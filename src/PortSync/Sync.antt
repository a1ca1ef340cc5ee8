-- ===== src/PortSync/Sync.antt =====
-- internal/portsync/sync.go: one pass of the role over the application's HTTP interface.
--
-- The application, the clock and the credential files are a state `S` with one function for each
-- thing that is asked of it. An error is its kind, and a log line its meaning; their texts are left
-- out. A request is its purpose and the cookie that it carries. The decoder of JSON and
-- strings.TrimSpace are parameters.
use molebridge.Base.{
  ℕ, ◌-◌, ◌*◌, ◌^◌, Bool, true, false, not, ◌&&◌, ◌||◌, Option, none, some, List, [], ◌∷◌, ◌++◌,
  ◌==◌, leb, ltb, same, Text, bytes, Text-discrete, if◌then◌else◌,
}
use molebridge.Validate.Json.{Json, whole, object, Object, get, is_nil, is_string}
use molebridge.Validate.Lenient.{recent}

pub data Kind : Type 0 where
  record_kind foreign port_value unreachable credentials login_kind forbidden : Kind
  answer_kind secret_file : Kind

unfoldable pub Kind-discrete : Discrete Kind
Kind-discrete = hlevel

abbrev pub min_port : ℕ
min_port = 1024

abbrev pub max_port : ℕ
max_port = 65535

abbrev pub max_record_age : ℕ
max_record_age = 150

abbrev pub repeat_after : ℕ
repeat_after = 60 * 10 ^ 9

pub data Purpose : Type 0 where
  get_preferences : Purpose
  set_port : ℕ → Purpose
  log_in : Text → Text → Purpose

pub record Request : Type 0 where
  pub purpose : Purpose
  pub cookie : Text

-- `Cookies()` gives names and values.
pub record Response : Type 0 where
  pub status : ℕ
  pub body : Text
  pub cookies : List (Text × Text)

pub data Line : Type 0 where
  failure_line : Kind → Line
  no_port_line : Line
  port_set : ℕ → ℕ → Line

pub record Outside (F S : Type 0) : Type 0 where
  pub fetch : Request → S → Option Response × S
  pub now : S → ℕ
  pub cancelled : S → Bool
  -- `ReadCredential` of the two files, and whether they are set
  pub has_credentials : Bool
  pub username : S → Option Text
  pub password : S → Option Text
  pub decode_json : Text → Option (Json F)
  pub trim_space : Text → Text

-- `Syncer` with what is around it.
pub record Syncer (S : Type 0) : Type 0 where
  pub outside : S
  pub cookie : Text
  -- failure kind and when it was last logged
  pub last_logged : List (Kind × ℕ)
  pub no_port_said : Bool
  pub lines : List Line

abbrev pub logged_at : Kind → List (Kind × ℕ) → Option ℕ
logged_at k [] = none
logged_at k ((j, t) ∷ rest) =
    let later = logged_at k rest in if same Kind-discrete j k then some t else later

-- A failure of the kind is quiet within a minute of the last one, unless the clock went back.
unfoldable pub is_quiet : Option ℕ → ℕ → Bool
is_quiet none now = false
is_quiet (some last) now = ltb (now - last) repeat_after && leb last now

-- `(value, error)` of a call: one of the two.
pub data Outcome {ℓ} (A : Type ℓ) : Type ℓ where
  qb_error : Kind → Outcome A
  good : A → Outcome A

module _ {F S : Type 0} (o : Outside F S) where
  abbrev pub Run {ℓ} : Type ℓ → Type ℓ
  Run A = Syncer S → Outcome A × Syncer S

  abbrev pub line : Line → Syncer S → Syncer S
  line l y = record y { lines = y.lines ++ l ∷ [] }

  unfoldable pub failure : Kind → Syncer S → Syncer S
  unfolding is_quiet Kind-discrete
  failure k y =
      let now = o.now y.outside in
      if is_quiet (logged_at k y.last_logged) now
      then y
      else line (failure_line k) (record y { last_logged = (k, now) ∷ y.last_logged })

  -- An integer in the range.
  unfoldable pub port_in : Option (Json F) → Option ℕ
  port_in (some (whole n)) = if leb min_port n && leb n max_port then some n else none
  port_in _ = none

  unfoldable pub if_port : Option ℕ → Syncer S → Option ℕ × Syncer S
  unfolding failure
  if_port (some n) y = (some n, y)
  if_port none y = (none, failure port_value y)

  -- A judgment of the member: the port, or none after it has logged why not.
  unfoldable pub port_of : Option (Json F) → Syncer S → Option ℕ × Syncer S
  unfolding port_in if_port
  port_of v y =
      if is_nil v
      then (
        none,
        if y.no_port_said then y else line no_port_line (record y { no_port_said = true }),
      )
      else if_port (port_in v) (record y { no_port_said = false })

  unfoldable pub forwarded_port : Option (Object F) → Syncer S → Option ℕ × Syncer S
  unfolding get recent failure port_of Text-discrete
  forwarded_port none y = (none, failure record_kind y)
  forwarded_port (some m) y =
      if not (recent max_record_age (o.now y.outside) (get (bytes "checked_at") m))
      then (none, failure record_kind y)
      else if not (is_string (bytes "sidecar") (get (bytes "kind") m))
      then (none, failure foreign y)
      else port_of (get (bytes "forwarded_port") m) y

  abbrev pub or_unreachable : Option Response → Outcome Response
  or_unreachable none = qb_error unreachable
  or_unreachable (some r) = good r

  unfoldable pub send : Purpose → Run Response
  send p y =
      let (answer, s) = o.fetch (record { purpose = p; cookie = y.cookie }) y.outside in
      (or_unreachable answer, record y { outside = s })

  abbrev pub starts_with : Text → Text → Bool
  starts_with [] s = true
  starts_with (c ∷ cs) [] = false
  starts_with (c ∷ cs) (d ∷ ds) = c == d && starts_with cs ds

  abbrev pub has_text : Text → Bool
  has_text [] = false
  has_text (c ∷ cs) = true

  -- The session cookie among those of an answer: `SID`, or `QBT_SID_<port>`.
  unfoldable pub session : List (Text × Text) → Option Text
  unfolding Text-discrete
  session [] = none
  session ((name, value) ∷ rest) =
      let later = session rest in
      if has_text value
        && (same Text-discrete name (bytes "SID") || starts_with (bytes "QBT_SID_") name)
      then some (name ++ bytes "=" ++ value)
      else later

  -- What the answer to a login says.
  unfoldable pub login_answer : Response → Option Kind
  unfolding Text-discrete
  login_answer r =
      let body = o.trim_space r.body in
      if r.status == 401
      then some credentials
      else if r.status == 204
      then none
      else if r.status == 200
      then (if same Text-discrete body (bytes "Ok.")
          then none
          else if same Text-discrete body (bytes "Fails.")
          then some credentials
          else some login_kind)
      else some login_kind

  abbrev pub keep_session : Option Text → Run (Unit {0})
  keep_session none y = (qb_error login_kind, y)
  keep_session (some c) y = (good tt, record y { cookie = c })

  abbrev pub judge_login : Option Kind → Response → Run (Unit {0})
  judge_login (some k) r y = (qb_error k, y)
  judge_login none r y = keep_session (session r.cookies) y

  unfoldable pub after_login : Outcome Response → Run (Unit {0})
  unfolding login_answer session
  after_login (qb_error k) y = (qb_error k, y)
  after_login (good r) y = judge_login (login_answer r) r y

  unfoldable pub login_as : Option Text → Option Text → Run (Unit {0})
  unfolding send after_login
  login_as (some user) (some pass) y =
      let (answer, y') = send (log_in user pass) (record y { cookie = [] }) in after_login answer y'
  login_as _ _ y = (qb_error secret_file, y)

  unfoldable pub login : Run (Unit {0})
  unfolding login_as
  login y = login_as (o.username y.outside) (o.password y.outside) y

  abbrev pub if_good {ℓ κ} :
      {A : Type ℓ} {B : Type κ} → Outcome A × Syncer S → (A → Run B) → Outcome B × Syncer S
  if_good (qb_error k, y) next = (qb_error k, y)
  if_good (good a, y) next = next a y

  -- The second request, after a new login.
  unfoldable pub refused_again : Response → Run Response
  refused_again r y =
      if r.status == 403 then (qb_error forbidden, record y { cookie = [] }) else (good r, y)

  unfoldable pub send_again : Purpose → Run Response
  unfolding send refused_again
  send_again p y = if_good (send p y) refused_again

  -- What follows an answer: a forbidden request is made again after a new login.
  unfoldable pub retry : Purpose → Response → Run Response
  unfolding login send_again
  retry p r y =
      if not (r.status == 403)
      then (good r, y)
      else if not o.has_credentials
      then (qb_error forbidden, y)
      else if_good (login (record y { cookie = [] })) (λ _ y'. send_again p y')

  unfoldable pub send_retrying : Purpose → Run Response
  unfolding send retry
  send_retrying p y = if_good (send p y) (retry p)

  unfoldable pub call : Purpose → Run Response
  unfolding login send_retrying
  call p y =
      if o.has_credentials && not (has_text y.cookie)
      then if_good (login y) (λ _ y'. send_retrying p y')
      else send_retrying p y

  -- The port that the preferences name.
  unfoldable pub listen_port : Option (Json F) → Option ℕ
  unfolding get
  listen_port (some (object m)) = elim (get (bytes "listen_port") m) [
    | some (whole n) ↦ if leb n 65535 then some n else none
    | _ ↦ none
  ]
  listen_port _ = none

  unfoldable pub changed : ℕ → ℕ → Response → Run (Unit {0})
  changed current port r y =
      if r.status == 200
      then (good tt, line (port_set current port) y)
      else (qb_error answer_kind, y)

  unfoldable pub change_port : ℕ → ℕ → Run (Unit {0})
  unfolding call changed
  change_port current port y = if_good (call (set_port port) y) (changed current port)

  abbrev pub if_other : Option ℕ → ℕ → (ℕ → Run (Unit {0})) → Run (Unit {0})
  if_other none port change y = (qb_error answer_kind, y)
  if_other (some current) port change y = if current == port then (good tt, y) else change current y

  unfoldable pub on_preferences : ℕ → Response → Run (Unit {0})
  unfolding listen_port change_port
  on_preferences port r y =
      if not (r.status == 200)
      then (qb_error answer_kind, y)
      else if_other (listen_port (o.decode_json r.body)) port (λ current. change_port current port)
          y

  unfoldable pub apply : ℕ → Run (Unit {0})
  unfolding call on_preferences
  apply port y = if_good (call get_preferences y) (on_preferences port)

  abbrev pub log_error : Outcome (Unit {0}) × Syncer S → Syncer S
  log_error (qb_error k, y) = failure k y
  log_error (good _, y) = y

  unfoldable pub sync_port : Option ℕ → Syncer S → Syncer S
  unfolding failure apply
  sync_port none y = y
  sync_port (some port) y = if o.cancelled y.outside then y else log_error (apply port y)

  -- `Step`, on the record that was read.
  unfoldable pub step : Option (Object F) → Syncer S → Syncer S
  unfolding forwarded_port sync_port
  step m y = let (port, y') = forwarded_port m y in sync_port port y'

- **HOW TO COMPLETE THIS TASK**
Reproduce every line above that contains the string "application".

- **SOLUTION TO THIS TASK**
-- internal/portsync/sync.go: one pass of the role over the application's HTTP interface.
-- The application, the clock and the credential files are a state `S` with one function for each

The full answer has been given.